🤖 AI Summary
To address severe identity leakage and inadequate modeling of subtle/extreme facial expressions in zero-shot portrait animation, this paper proposes a diffusion-based disentangled animation generation method. Our approach introduces: (1) an end-to-end, identity-agnostic 1D latent motion descriptor that explicitly decouples motion from identity features; (2) a disentangled latent attention mechanism coupled with dual GAN-decoder supervision to suppress spurious spatial structural cues, thereby fundamentally mitigating identity leakage; and (3) cross-attention integration of the 1D motion vector into the diffusion process—eliminating the need for pre-trained motion detectors and enabling high-fidelity motion transfer. Extensive experiments demonstrate that our method significantly outperforms state-of-the-art approaches across diverse challenging expressions—including extreme and micro-expressions—while achieving both high expressiveness and strong identity preservation.
📝 Abstract
We propose X-NeMo, a novel zero-shot diffusion-based portrait animation pipeline that animates a static portrait using facial movements from a driving video of a different individual. Our work first identifies the root causes of the key issues in prior approaches, such as identity leakage and difficulty in capturing subtle and extreme expressions. To address these challenges, we introduce a fully end-to-end training framework that distills a 1D identity-agnostic latent motion descriptor from driving image, effectively controlling motion through cross-attention during image generation.
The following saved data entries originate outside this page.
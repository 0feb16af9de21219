-- ===== src/Worker/Defs.antt =====
-- core/NDimensionalIpcRunner.cxx: the state of `TaskLoop`, what it asks of its surroundings, and
-- the parts of a batch. The calls of the worker's object and the frames that go out are kept in a
-- log.
use ndmspc.Base.Int.{ℤ}
use ndmspc.Base.{
  ℕ, ◌+◌, ◌-◌, ◌==◌, leb, if◌then◌else◌, Bool, true, false, not, ◌||◌, List, [], ◌∷◌, ◌++◌, Option,
  none, some, Bytes,
}
use ndmspc.Supervisor.Loop.Defs.{is_bytes, shutdown, stop}

abbrev pub Frames : Type 0
Frames = List Bytes

abbrev pub Coords : Type 0
Coords = List ℤ

-- What the loop does to the world: a message that ZeroMQ takes or refuses, and the calls of the
-- object; a `Process` that throws is `crashed`, and a copy of a file may fail.
pub data Act : Type 0 where
  sent lost : Frames → Act
  processed crashed : Bytes → Coords → Act
  set_definition : Bytes → Act
  sync_ids : List ℤ → Act
  end_function : Act
  closed : Bool → Act
  copied : Bool → Bytes → Bytes → Act
  unlinked : Bytes → Act

-- The surroundings. The clock of the loop counts the questions: whether Ctrl+C has come, whether a
-- message is there, whether the socket fails and whether it takes a message. `process` is the text
-- of the exception of a call of `Process`; `bad_number` is that of std::stoi.
pub record World : Type 0 where
  pub interrupted : ℕ → Bool
  pub arrives : ℕ → Bool
  pub breaks_off : ℕ → Bool
  pub takes : ℕ → Bool
  pub process : ℕ → Coords → Option Bytes
  pub parse : Bytes → Option ℤ
  pub parse_long : Bytes → Option ℤ
  pub print : ℕ → Bytes
  pub bad_number : Bytes
  pub progress_report_interval : ℕ
  pub is_gn_worker : Bool
  pub has_base : Bool
  pub copies : Bool
  pub local_tmp_file : Bytes
  pub results_filename : Bytes

-- The variables of `TaskLoop`, the messages that are still on their way, and the log, newest first.
pub record TaskLoop : Type 0 where
  pub finished_ok : Bool
  pub aborted : Bool
  pub was_interrupted : Bool
  pub stop_requested : Bool
  pub stop_requested_abort : Bool
  pub shutdown_sent : Bool
  pub tasks_processed : ℕ
  pub last_reported_progress : ℕ
  pub deferred_frames : List Frames
  pub socket : List Frames
  pub now : ℕ
  pub log : List Act

-- The variables at the start.
abbrev pub start_loop : List Frames → TaskLoop
start_loop messages = record {
  finished_ok = true;
  aborted = false;
  was_interrupted = false;
  stop_requested = false;
  stop_requested_abort = false;
  shutdown_sent = false;
  tasks_processed = 0;
  last_reported_progress = 0;
  deferred_frames = [];
  socket = messages;
  now = 0;
  log = [];
}

-- "abort"
abbrev pub abort : Bytes
abort = b'a' ∷ b'b' ∷ b'o' ∷ b'r' ∷ b't' ∷ []

-- "stop", the reason of an orderly shutdown
abbrev pub orderly : Bytes
orderly = b's' ∷ b't' ∷ b'o' ∷ b'p' ∷ []

-- "interrupted"
abbrev pub by_user : Bytes
by_user = b'i' ∷ b'n' ∷ b't' ∷ b'e' ∷ b'r' ∷ b'r' ∷ b'u' ∷ b'p' ∷ b't' ∷ b'e' ∷ b'd' ∷ []

abbrev pub call_of : Bytes → Coords → Option Bytes → Act
call_of id coords none = processed id coords
call_of id coords (some text) = crashed id coords

abbrev pub tick : TaskLoop → TaskLoop
tick s = record s { now = s.now + 1 }

-- What the loop over a batch leaves: the ids for the acknowledgement, and the id of the task whose
-- `Process` threw, with the text.
pub record Ran : Type 0 where
  pub loop : TaskLoop
  pub acked_task_ids : List Bytes
  pub threw : Option (Bytes × Bytes)

-- Whether the frames behind STOP say that it is an abort.
abbrev pub is_abort : Frames → Bool
is_abort [] = false
is_abort (reason ∷ rest) = is_bytes reason abort

abbrev pub reason_of : Bool → Bytes
reason_of aborts = if aborts then abort else orderly

-- A call of `Process` in a batch, with the rest of the batch.
abbrev pub unless_threw : Bytes → List Bytes → TaskLoop × Option Bytes → Ran → Ran
unless_threw id acked (s, none) rest = rest
unless_threw id acked (s, some text) rest = record {
  loop = s;
  acked_task_ids = acked;
  threw = some (id, text);
}

module _ (w : World) where
  -- `SendFrames`: the loop behind it, and its result.
  unfoldable pub send : Frames → TaskLoop → TaskLoop × Bool
  send frames s =
      let act = if w.takes s.now then sent frames else lost frames in
      (record s { now = s.now + 1; log = act ∷ s.log }, w.takes s.now)

  -- `notifyShutdown`
  unfoldable pub notify_shutdown : Bytes → TaskLoop → TaskLoop
  notify_shutdown reason s =
      if s.shutdown_sent
      then s
      else record (send (shutdown ∷ reason ∷ w.print s.tasks_processed ∷ []) s).0 {
        shutdown_sent = true;
      }

  -- `handleLocalInterrupt`
  unfoldable pub handle_local_interrupt : TaskLoop → TaskLoop
  handle_local_interrupt s = record (notify_shutdown by_user s) {
    aborted = true;
    was_interrupted = true;
    finished_ok = false;
  }

  -- `checkAbort` with the message that it has read.
  unfoldable pub on_peek : Frames → TaskLoop → TaskLoop × Bool
  on_peek [] s = (record s { deferred_frames = s.deferred_frames ++ [] ∷ [] }, false)
  on_peek (cmd ∷ rest) s =
      if is_bytes cmd stop
      then (
        notify_shutdown (reason_of (is_abort rest)) (record s {
          stop_requested = true;
          stop_requested_abort = is_abort rest;
          aborted = is_abort rest;
        }),
        true,
      )
      else (record s { deferred_frames = s.deferred_frames ++ (cmd ∷ rest) ∷ [] }, false)

  -- `checkAbort` behind its first test, for the messages on their way.
  unfoldable pub peek : List Frames → TaskLoop → TaskLoop × Bool
  peek [] s = (tick s, false)
  peek (frames ∷ more) s =
      if w.breaks_off s.now || not (w.arrives s.now)
      then (tick s, false)
      else on_peek frames (record s { now = s.now + 1; socket = more })

  -- `checkAbort`
  unfoldable pub check_abort : TaskLoop → TaskLoop × Bool
  check_abort s =
      if w.interrupted s.now
      then (record (if s.aborted then s else notify_shutdown by_user s) { aborted = true }, true)
      else peek s.socket (tick s)

  -- The report of progress, behind the tasks that it counts.
  unfoldable pub report : ℕ → TaskLoop → TaskLoop
  report tasks s =
      let n = s.tasks_processed + tasks in
      let due = n == 1 || leb w.progress_report_interval (n - s.last_reported_progress) in
      record s {
        tasks_processed = n;
        last_reported_progress = if due then n else s.last_reported_progress;
      }

  -- `worker->Process`: the loop behind it, and the text of its exception.
  unfoldable pub process : Bytes → Coords → TaskLoop → TaskLoop × Option Bytes
  process id coords s =
      let threw = w.process s.now coords in
      (record s { now = s.now + 1; log = call_of id coords threw ∷ s.log }, threw)

  -- The loop over the tasks of a batch.
  unfoldable pub run_batch : List (Bytes × Coords) → List Bytes → TaskLoop → Ran
  run_batch [] acked s = record { loop = s; acked_task_ids = acked; threw = none }
  run_batch ((id, coords) ∷ ts) acked s =
      let checked = check_abort s in
      let called = process id coords checked.0 in
      let rest = run_batch ts (acked ++ id ∷ []) called.0 in
      if checked.1
      then record { loop = checked.0; acked_task_ids = acked; threw = none }
      else unless_threw id acked called rest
Our implicit motion descriptor captures expressive facial motion in fine detail, learned end-to-end from a diverse video dataset without reliance on pretrained motion detectors. We further enhance expressiveness and disentangle motion latents from identity cues by supervising their learning with a dual GAN decoder, alongside spatial and color augmentations. By embedding the driving motion into a 1D latent vector and controlling motion via cross-attention rather than additive spatial guidance, our design eliminates the transmission of spatial-aligned structural clues from the driving condition to the diffusion backbone, substantially mitigating identity leakage. Extensive experiments demonstrate that X-NeMo surpasses state-of-the-art baselines, producing highly expressive animations with superior identity resemblance. Our code and models are available for research.